** Raw data follows **

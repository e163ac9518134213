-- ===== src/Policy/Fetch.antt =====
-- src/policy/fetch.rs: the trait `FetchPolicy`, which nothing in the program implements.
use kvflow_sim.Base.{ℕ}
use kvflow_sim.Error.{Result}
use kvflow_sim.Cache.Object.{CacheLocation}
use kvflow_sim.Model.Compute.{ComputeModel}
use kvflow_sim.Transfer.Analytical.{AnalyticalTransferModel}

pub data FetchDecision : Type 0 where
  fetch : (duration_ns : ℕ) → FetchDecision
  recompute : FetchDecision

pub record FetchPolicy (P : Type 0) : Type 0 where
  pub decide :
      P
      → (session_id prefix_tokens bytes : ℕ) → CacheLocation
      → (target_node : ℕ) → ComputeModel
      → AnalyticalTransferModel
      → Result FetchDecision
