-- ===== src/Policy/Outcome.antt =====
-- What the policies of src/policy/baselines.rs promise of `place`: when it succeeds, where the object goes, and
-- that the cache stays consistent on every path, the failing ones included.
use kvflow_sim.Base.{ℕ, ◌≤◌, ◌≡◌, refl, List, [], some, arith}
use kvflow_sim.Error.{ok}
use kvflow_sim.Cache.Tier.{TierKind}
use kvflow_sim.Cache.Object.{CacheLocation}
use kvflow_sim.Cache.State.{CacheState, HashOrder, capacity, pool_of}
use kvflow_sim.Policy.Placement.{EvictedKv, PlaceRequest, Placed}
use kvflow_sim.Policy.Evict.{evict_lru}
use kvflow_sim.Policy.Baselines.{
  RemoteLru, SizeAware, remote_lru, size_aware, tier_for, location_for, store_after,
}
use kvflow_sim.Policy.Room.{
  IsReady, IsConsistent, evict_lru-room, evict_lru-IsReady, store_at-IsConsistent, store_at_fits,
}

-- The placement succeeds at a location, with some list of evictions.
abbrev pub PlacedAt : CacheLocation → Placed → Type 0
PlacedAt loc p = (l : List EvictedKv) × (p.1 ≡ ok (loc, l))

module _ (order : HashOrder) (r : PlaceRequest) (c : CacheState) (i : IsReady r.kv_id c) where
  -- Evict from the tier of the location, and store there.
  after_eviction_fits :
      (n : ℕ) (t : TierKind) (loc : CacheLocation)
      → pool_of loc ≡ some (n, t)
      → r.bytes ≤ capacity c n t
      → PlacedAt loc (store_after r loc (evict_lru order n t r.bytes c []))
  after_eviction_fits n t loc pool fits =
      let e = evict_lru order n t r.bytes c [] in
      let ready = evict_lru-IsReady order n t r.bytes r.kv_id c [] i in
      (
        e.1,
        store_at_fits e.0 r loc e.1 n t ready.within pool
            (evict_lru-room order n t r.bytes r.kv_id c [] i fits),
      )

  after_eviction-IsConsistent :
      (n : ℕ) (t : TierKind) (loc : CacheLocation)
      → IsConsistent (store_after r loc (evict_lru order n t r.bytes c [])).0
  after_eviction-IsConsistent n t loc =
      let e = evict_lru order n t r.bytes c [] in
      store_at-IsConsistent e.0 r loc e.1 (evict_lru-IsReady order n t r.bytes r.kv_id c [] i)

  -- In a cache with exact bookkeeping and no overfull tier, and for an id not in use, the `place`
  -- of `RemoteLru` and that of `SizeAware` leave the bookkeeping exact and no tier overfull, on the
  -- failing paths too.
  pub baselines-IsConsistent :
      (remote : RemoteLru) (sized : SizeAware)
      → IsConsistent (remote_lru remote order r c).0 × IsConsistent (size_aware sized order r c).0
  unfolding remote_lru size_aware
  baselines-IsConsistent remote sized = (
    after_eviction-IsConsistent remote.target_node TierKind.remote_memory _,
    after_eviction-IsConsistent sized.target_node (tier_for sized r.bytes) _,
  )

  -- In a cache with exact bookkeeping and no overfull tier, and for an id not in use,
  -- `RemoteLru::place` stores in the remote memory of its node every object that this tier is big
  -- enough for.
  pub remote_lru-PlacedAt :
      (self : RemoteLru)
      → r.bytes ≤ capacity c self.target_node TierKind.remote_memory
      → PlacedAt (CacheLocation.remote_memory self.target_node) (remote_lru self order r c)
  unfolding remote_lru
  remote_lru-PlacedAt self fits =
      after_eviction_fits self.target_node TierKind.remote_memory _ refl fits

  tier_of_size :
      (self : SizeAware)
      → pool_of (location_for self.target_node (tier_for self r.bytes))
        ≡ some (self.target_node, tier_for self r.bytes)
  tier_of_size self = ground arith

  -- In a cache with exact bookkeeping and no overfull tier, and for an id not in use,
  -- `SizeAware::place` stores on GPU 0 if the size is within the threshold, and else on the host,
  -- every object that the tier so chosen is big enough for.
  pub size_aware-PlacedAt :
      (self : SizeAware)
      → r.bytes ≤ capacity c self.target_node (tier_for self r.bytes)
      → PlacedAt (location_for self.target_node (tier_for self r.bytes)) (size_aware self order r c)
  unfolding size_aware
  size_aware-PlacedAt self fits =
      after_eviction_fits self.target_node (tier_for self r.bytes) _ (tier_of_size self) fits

** End of Raw data **

• _Task to complete_:
In the listing above, find the line with "after_eviction_fits n t" and the line with "store_at_fits e.0 r", then print exactly those lines and every line between them.

• _Solution to this task_:
  after_eviction_fits n t loc pool fits =
      let e = evict_lru order n t r.bytes c [] in
      let ready = evict_lru-IsReady order n t r.bytes r.kv_id c [] i in
      (
        e.1,
        store_at_fits e.0 r loc e.1 n t ready.within pool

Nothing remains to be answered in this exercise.